Collected data
=== Begin Enclosure ===
-- ===== src/Tak/Bridge/Reachable.antt =====
-- The states that the bridge reaches: its two tasks and its sink in any order.
use meshcore_rpc_services.Prelude.{
  ◌≡◌, ap, ◌≤◌, Option, none, some, List, [], ◌∷◌, String, arith, length, map, or_else,
  length-append, Bool-cases, inl, inr,
}
use meshcore_rpc_services.Prelude.Int.{pos, Fixed, leb_ℤ}
use meshcore_rpc_services.Prelude.Dict.{Dict, lookup, contains}
use meshcore_rpc_services.Runtime.{Result, ok, err}
use meshcore_rpc_services.Value.{Json, obj, entries, number?}
use meshcore_rpc_services.Tak.Cot.{Writer}
use meshcore_rpc_services.Tak.NodeTopic.{key_for}
use meshcore_rpc_services.Tak.Sink.{queue_cap, put_or_drop}
use meshcore_rpc_services.Tak.Bridge.{
  Bridge, TakBridgeConfig, event_for, publish_one, publish_keys, republish_all, go_on,
}
use meshcore_rpc_services.Tak.Bridge.Messages.{
  ingest, handle_mqtt_message, on_payload, publish_changed,
}
use meshcore_rpc_services.Tak.Bridge.Heartbeat.{
  drop_at, publish_drop, evict, to_evict, evict_long_offline, heartbeat_round,
}
use meshcore_rpc_services.Tak.Bridge.Invariant.{
  IsValid, emit-IsValid, forget-IsValid, ingest-IsValid,
}

abbrev pub new_bridge : Bridge
new_bridge = record { state = []; offline_since = []; queue = [] }

abbrev with_queue : List String → Bridge → Bridge
with_queue q b = record b { queue = q }

module _ (writer : Writer) (cfg : TakBridgeConfig) (decode : String → Option Json) where
  -- A message is handled, the heartbeat has a round, the sink takes an event or puts one back, or it
  -- has reconnected. An exception leaves what was done before it.
  pub data Step : Bridge → Bridge → Type 0 where
    received :
        (topic payload : String) (now : Fixed) (b : Bridge)
        → Step b (handle_mqtt_message writer cfg decode topic payload now b).1
    beat : (now : Fixed) (b : Bridge) → Step b (heartbeat_round writer cfg now b).1
    taken :
        (xml : String) (rest : List String) (b : Bridge)
        → b.queue ≡ xml ∷ rest
        → Step b (with_queue rest b)
    returned :
        (xml : String) (b : Bridge) → Step b (with_queue (put_or_drop queue_cap xml b.queue) b)
    reconnected :
        (now : Fixed) (b : Bridge) → Step b (republish_all writer cfg now (with_queue [] b)).1

  pub data Reachable : Bridge → Type 0 where
    start : Reachable new_bridge
    next : {b b' : Bridge} → Reachable b → Step b b' → Reachable b'

  requeued-IsValid :
      (q : List String) (b : Bridge) → length q ≤ queue_cap → IsValid b → IsValid (with_queue q b)
  requeued-IsValid q b h v = record {
    state_distinct = v.state_distinct;
    offline_distinct = v.offline_distinct;
    offline_known = v.offline_known;
    queue_bound = h;
  }

  put-bound :
      (x : String) (q : List String)
      → length q ≤ queue_cap
      → length (put_or_drop queue_cap x q) ≤ queue_cap
  put-bound x q h = ground (arith, length-append {0} q (x ∷ []))

  publish_one-IsValid :
      (key : String) (now : Fixed) (b : Bridge)
      → IsValid b
      → IsValid (publish_one writer cfg key now b).1
  unfolding publish_one
  publish_one-IsValid key now b v =
      emit-IsValid (event_for writer cfg key now (lookup key b.state)) b v

  go_on-IsValid :
      (r : Result Unit) (b : Bridge) (rest : Bridge → Result Unit × Bridge)
      → IsValid b
      → ((c : Bridge) → IsValid c → IsValid (rest c).1)
      → IsValid (go_on r b rest).1
  go_on-IsValid (ok u) b rest v f = f b v
  go_on-IsValid (err e) b rest v f = v

  publish_keys-IsValid :
      (keys : List String) (now : Fixed) (b : Bridge)
      → IsValid b
      → IsValid (publish_keys writer cfg keys now b).1
  unfolding publish_keys
  publish_keys-IsValid [] now b v = v
  publish_keys-IsValid (key ∷ keys) now b v =
      let (r, b') = publish_one writer cfg key now b in
      go_on-IsValid r b' (publish_keys writer cfg keys now) (publish_one-IsValid key now b v)
        (publish_keys-IsValid keys now)

  republish-IsValid :
      (now : Fixed) (b : Bridge) → IsValid b → IsValid (republish_all writer cfg now b).1
  unfolding republish_all
  republish-IsValid now b v = publish_keys-IsValid (map (λ e. e.0) b.state) now b v

  drop_at-IsValid :
      (id : String) (now : Fixed) (lat lon : Option Fixed) (b : Bridge)
      → IsValid b
      → IsValid (drop_at writer cfg id now lat lon b)
  drop_at-IsValid id now (some lat) (some lon) b v = emit-IsValid (ok (some _)) b v
  drop_at-IsValid id now (some lat) none b v = v
  drop_at-IsValid id now none lon b v = v

  publish_drop-IsValid :
      (id : String) (now : Fixed) (r : Option (Dict Json)) (b : Bridge)
      → IsValid b
      → IsValid (publish_drop writer cfg id now r b)
  publish_drop-IsValid id now none b v = v
  publish_drop-IsValid id now (some r) b v =
      drop_at-IsValid id now (number? (lookup "lat" r)) (number? (lookup "lon" r)) b v

  evict-IsValid :
      (ids : List String) (now : Fixed) (b : Bridge)
      → IsValid b
      → IsValid (evict writer cfg ids now b)
  unfolding evict
  evict-IsValid [] now b v = v
  evict-IsValid (id ∷ ids) now b v =
      evict-IsValid ids now _
        (forget-IsValid id _ (publish_drop-IsValid id now (lookup id b.state) b v))

  evict_long_offline-IsValid :
      (now : Fixed) (b : Bridge) → IsValid b → IsValid (evict_long_offline writer cfg now b)
  unfolding evict_long_offline
  evict_long_offline-IsValid now b v =
      elim (Bool-cases (leb_ℤ cfg.remove_after_offline_s (pos 0))) [
        | inl off ↦ rw off v
        | inr on ↦ rw on (evict-IsValid (to_evict writer cfg now b.offline_since) now b v)
      ]

  publish_changed-IsValid :
      (topic : String) (d : Dict Json) (now : Fixed) (o : Option Bridge) (b : Bridge)
      → IsValid (or_else o b)
      → IsValid (publish_changed writer cfg decode topic d now o b).1
  publish_changed-IsValid topic d now none b v = v
  publish_changed-IsValid topic d now (some b') b v = publish_one-IsValid (key_for topic d) now b' v

  on_payload-IsValid :
      (topic : String) (o : Option Json) (now : Fixed) (b : Bridge)
      → IsValid b
      → IsValid (on_payload writer cfg decode topic o now b).1
  on_payload-IsValid topic (some (obj fs)) now b v =
      publish_changed-IsValid topic (entries fs) now (ingest topic (entries fs) now b) b
        (ingest-IsValid topic (entries fs) now b v)
  on_payload-IsValid topic o now b v = v

  Step-IsValid : {b b' : Bridge} → Step b b' → IsValid b → IsValid b'
  unfolding handle_mqtt_message heartbeat_round
  Step-IsValid (received topic payload now b) v = on_payload-IsValid topic (decode payload) now b v
  Step-IsValid (beat now b) v = republish-IsValid now _ (evict_long_offline-IsValid now b v)
  Step-IsValid (taken xml rest b e) v =
      requeued-IsValid rest b (omega (arith, v.queue_bound, ap length e)) v
  Step-IsValid (returned xml b) v = requeued-IsValid _ b (put-bound xml b.queue v.queue_bound) v
  Step-IsValid (reconnected now b) v =
      republish-IsValid now _ (requeued-IsValid [] b (omega arith) v)

  new_bridge-IsValid : IsValid new_bridge
  unfolding contains
  new_bridge-IsValid = record {
    state_distinct = tt;
    offline_distinct = tt;
    offline_known = λ id h. h;
    queue_bound = omega arith;
  }

  -- In every state that the bridge reaches, whatever messages come, whenever the heartbeat and the sink
  -- run, and whatever raises: each node has one record and at most one offline time, each node with an
  -- offline time has a record, and at most 256 events are queued.
  pub Reachable-IsValid : (b : Bridge) → Reachable b → IsValid b
  Reachable-IsValid b start = new_bridge-IsValid
  Reachable-IsValid b (next before step) = Step-IsValid step (Reachable-IsValid _ before)
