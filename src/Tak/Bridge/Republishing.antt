-- ===== src/Tak/Bridge/Republishing.antt =====
-- What a republishing round queues, and what ends it.
use meshcore_rpc_services.Prelude.{
  ◌≡◌, refl, ap, ◌∙◌, ◌≤◌, Bool, true, false, Option, none, some, List, [], ◌∷◌, ◌++◌, String,
  arith, length, if◌then◌else◌, map, Bool-cases, inl, inr, ◌==◌, eq_iff, subst,
}
use meshcore_rpc_services.Prelude.Int.{Fixed}
use meshcore_rpc_services.Prelude.Dict.{Dict, lookup, contains, contains-lookup}
use meshcore_rpc_services.Prelude.Keys.{has_key}
use meshcore_rpc_services.Runtime.{Result, ok, err}
use meshcore_rpc_services.Value.{Json, number?}
use meshcore_rpc_services.Tak.Cot.{Writer, is_datetime}
use meshcore_rpc_services.Tak.Sink.{queue_cap, send, send_all}
use meshcore_rpc_services.Tak.Sink.Recent.{keep_last, send_all-keep_last}
use meshcore_rpc_services.Tak.Bridge.{
  Bridge, TakBridgeConfig, emit, event_for, publish_one, publish_keys, republish_all, go_on, called,
  callsign_of,
}

-- All events, in their order, or the first exception.
abbrev pub put_first : Result (Option String) → Result (List String) → Result (List String)
put_first (err e) rest = err e
put_first (ok x) (err e) = err e
put_first (ok none) (ok xs) = ok xs
put_first (ok (some x)) (ok xs) = ok (x ∷ xs)

abbrev pub collect : (String → Result (Option String)) → List String → Result (List String)
collect f [] = ok []
collect f (key ∷ keys) = put_first (f key) (collect f keys)

abbrev pub is_raised : {A : Type 0} → Result A → Bool
is_raised (ok a) = false
is_raised (err e) = true

abbrev bridge : Dict (Dict Json) → Dict Fixed → List String → Bridge
bridge st since q = record { state = st; offline_since = since; queue = q }

-- One key's event and the rest.
emit-collect :
    (st : Dict (Dict Json)) (since : Dict Fixed) (rest : Bridge → Result Unit × Bridge)
    (r : Result (Option String)) (more : Result (List String)) (q xs : List String)
    → put_first r more ≡ ok xs
    → ((p ys : List String)
        → more ≡ ok ys
        → rest (bridge st since p) ≡ (ok tt, bridge st since (send_all queue_cap ys p)))
    → go_on (emit r (bridge st since q)).0 (emit r (bridge st since q)).1 rest
      ≡ (ok tt, bridge st since (send_all queue_cap xs q))
unfolding send_all
emit-collect st since rest (err e) more q xs h f = absurd cc
emit-collect st since rest (ok none) (err e) q xs h f = absurd cc
emit-collect st since rest (ok (some x)) (err e) q xs h f = absurd cc
emit-collect st since rest (ok none) (ok ys) q xs h f = f q xs h
emit-collect st since rest (ok (some x)) (ok ys) q xs h f =
    let same : x ∷ ys ≡ xs = cc in
    f (send queue_cap x q) ys refl
    ∙ ap (λ l. (ok tt, bridge st since (send_all queue_cap l q))) same

module _ (writer : Writer) (cfg : TakBridgeConfig) where
  -- The events of all records, as they are at a time.
  abbrev pub events : Fixed → Bridge → Result (List String)
  events now b =
      collect (λ key. event_for writer cfg key now (lookup key b.state)) (map (λ e. e.0) b.state)

  publish_keys-collect :
      (keys : List String) (now : Fixed) (st : Dict (Dict Json)) (since : Dict Fixed)
      (q xs : List String)
      → collect (λ key. event_for writer cfg key now (lookup key st)) keys ≡ ok xs
      → publish_keys writer cfg keys now (record { state = st; offline_since = since; queue = q })
        ≡ (ok tt, record { state = st; offline_since = since; queue = send_all queue_cap xs q })
  unfolding publish_keys publish_one send_all
  publish_keys-collect [] now st since q xs h =
      let same : [] ≡ xs = cc in ap (λ l. (ok tt, bridge st since (send_all queue_cap l q))) same
  publish_keys-collect (key ∷ keys) now st since q xs h =
      emit-collect st since (publish_keys writer cfg keys now)
        (event_for writer cfg key now (lookup key st))
        (collect (λ k. event_for writer cfg k now (lookup k st)) keys) q xs h
        (publish_keys-collect keys now st since)

  -- Where every record gives an event or has no position yet, and the queue is within its bound,
  -- republishing succeeds, and the queue then holds the newest 256 of what it held and of the
  -- events of all records behind it, in their order; the records and the offline times stay as they
  -- are.
  pub republish_all-events :
      (now : Fixed) (b : Bridge) (xs : List String)
      → length b.queue ≤ queue_cap
      → events now b ≡ ok xs
      → republish_all writer cfg now b
        ≡ (ok tt, record b { queue = keep_last queue_cap (b.queue ++ xs) })
  unfolding republish_all
  republish_all-events now b xs room h =
      publish_keys-collect (map (λ e. e.0) b.state) now b.state b.offline_since b.queue xs h
      ∙ ap (λ (q : List String). (ok tt, record b { queue = q }))
          (send_all-keep_last queue_cap (omega arith) xs b.queue room).0

  -- A record with a position and a time that is no datetime.
  abbrev pub HasBadTime : Dict Json → Type 0
  HasBadTime r =
      (lat : Fixed) × (lon : Fixed) × (ts : Fixed) × (number? (lookup "lat" r) ≡ some lat)
      × (number? (lookup "lon" r) ≡ some lon)
      × (number? (lookup "ts" r) ≡ some ts)
      × (is_datetime ts ≡ false)

  called-raised :
      (key : String) (r : Dict Json) (lat lon now ts : Fixed) (callsign : Result String)
      → number? (lookup "ts" r) ≡ some ts
      → is_datetime ts ≡ false
      → is_raised (called writer cfg key r lat lon now callsign) ≡ true
  called-raised key r lat lon now ts (err e) h bad = refl
  called-raised key r lat lon now ts (ok callsign) h bad = rw h (rw bad refl)

  event_for-raised :
      (key : String) (now : Fixed) (r : Dict Json)
      → HasBadTime r
      → is_raised (event_for writer cfg key now (some r)) ≡ true
  unfolding event_for lookup
  event_for-raised key now [] (lat, lon, ts, hlat, hlon, hts, bad) = absurd cc
  event_for-raised key now (e ∷ r) (lat, lon, ts, hlat, hlon, hts, bad) =
      rw hlat
        (rw hlon (called-raised key (e ∷ r) lat lon now ts (callsign_of writer cfg key) hts bad))

  emit-raised :
      (st : Dict (Dict Json)) (since : Dict Fixed) (rest : Bridge → Result Unit × Bridge)
      (r : Result (Option String)) (q : List String)
      → (is_raised r ≡ false → (p : List String) → is_raised (rest (bridge st since p)).0 ≡ true)
      → is_raised (go_on (emit r (bridge st since q)).0 (emit r (bridge st since q)).1 rest).0
        ≡ true
  emit-raised st since rest (err e) q f = refl
  emit-raised st since rest (ok none) q f = f refl q
  emit-raised st since rest (ok (some x)) q f = f refl (send queue_cap x q)

  publish_keys-raised :
      (key : String) (keys : List String) (now : Fixed) (st : Dict (Dict Json)) (since : Dict Fixed)
      (q : List String)
      → has_key key keys ≡ true
      → is_raised (event_for writer cfg key now (lookup key st)) ≡ true
      → is_raised (publish_keys writer cfg keys now (bridge st since q)).0 ≡ true
  unfolding publish_keys publish_one
  publish_keys-raised key [] now st since q has h = absurd cc
  publish_keys-raised key (k ∷ keys) now st since q has h =
      emit-raised st since (publish_keys writer cfg keys now)
        (event_for writer cfg k now (lookup k st)) q
        (λ calm p. elim (Bool-cases (k == key)) [
          | inl same ↦
              let quiet =
                subst (λ s. is_raised (event_for writer cfg s now (lookup s st)) ≡ false)
                  ((eq_iff k key).0 same) calm in
              absurd cc
          | inr other ↦ publish_keys-raised key keys now st since p (ground (arith, has, other)) h
        ])

  has_key-contains :
      (key : String) (st : Dict (Dict Json)) → has_key key (map (λ e. e.0) st) ≡ contains key st
  unfolding contains
  has_key-contains key [] = refl
  has_key-contains key ((k, r) ∷ st) =
      ap (λ b. if k == key then true else b) (has_key-contains key st)

  -- One record with a position and a time that is no datetime makes every round raise, whatever the
  -- other records are.
  pub republish_all-raised :
      (key : String) (r : Dict Json) (now : Fixed) (b : Bridge)
      → lookup key b.state ≡ some r
      → HasBadTime r
      → is_raised (republish_all writer cfg now b).0 ≡ true
  unfolding republish_all
  republish_all-raised key r now b h bad =
      publish_keys-raised key (map (λ e. e.0) b.state) now b.state b.offline_since b.queue
        (has_key-contains key b.state ∙ contains-lookup key b.state ∙ rw h)
        (rw h (event_for-raised key now r bad))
=== End Enclosure ===
EXERCISE DIRECTIONS:
Only lines containing the string "whatever" belong in the answer; find them in the data above and copy them.

RESPONSE AREA:
  -- In every state that the bridge reaches, whatever messages come, whenever the heartbeat and the sink
  -- run, and whatever raises: each node has one record and at most one offline time, each node with an
  -- One record with a position and a time that is no datetime makes every round raise, whatever the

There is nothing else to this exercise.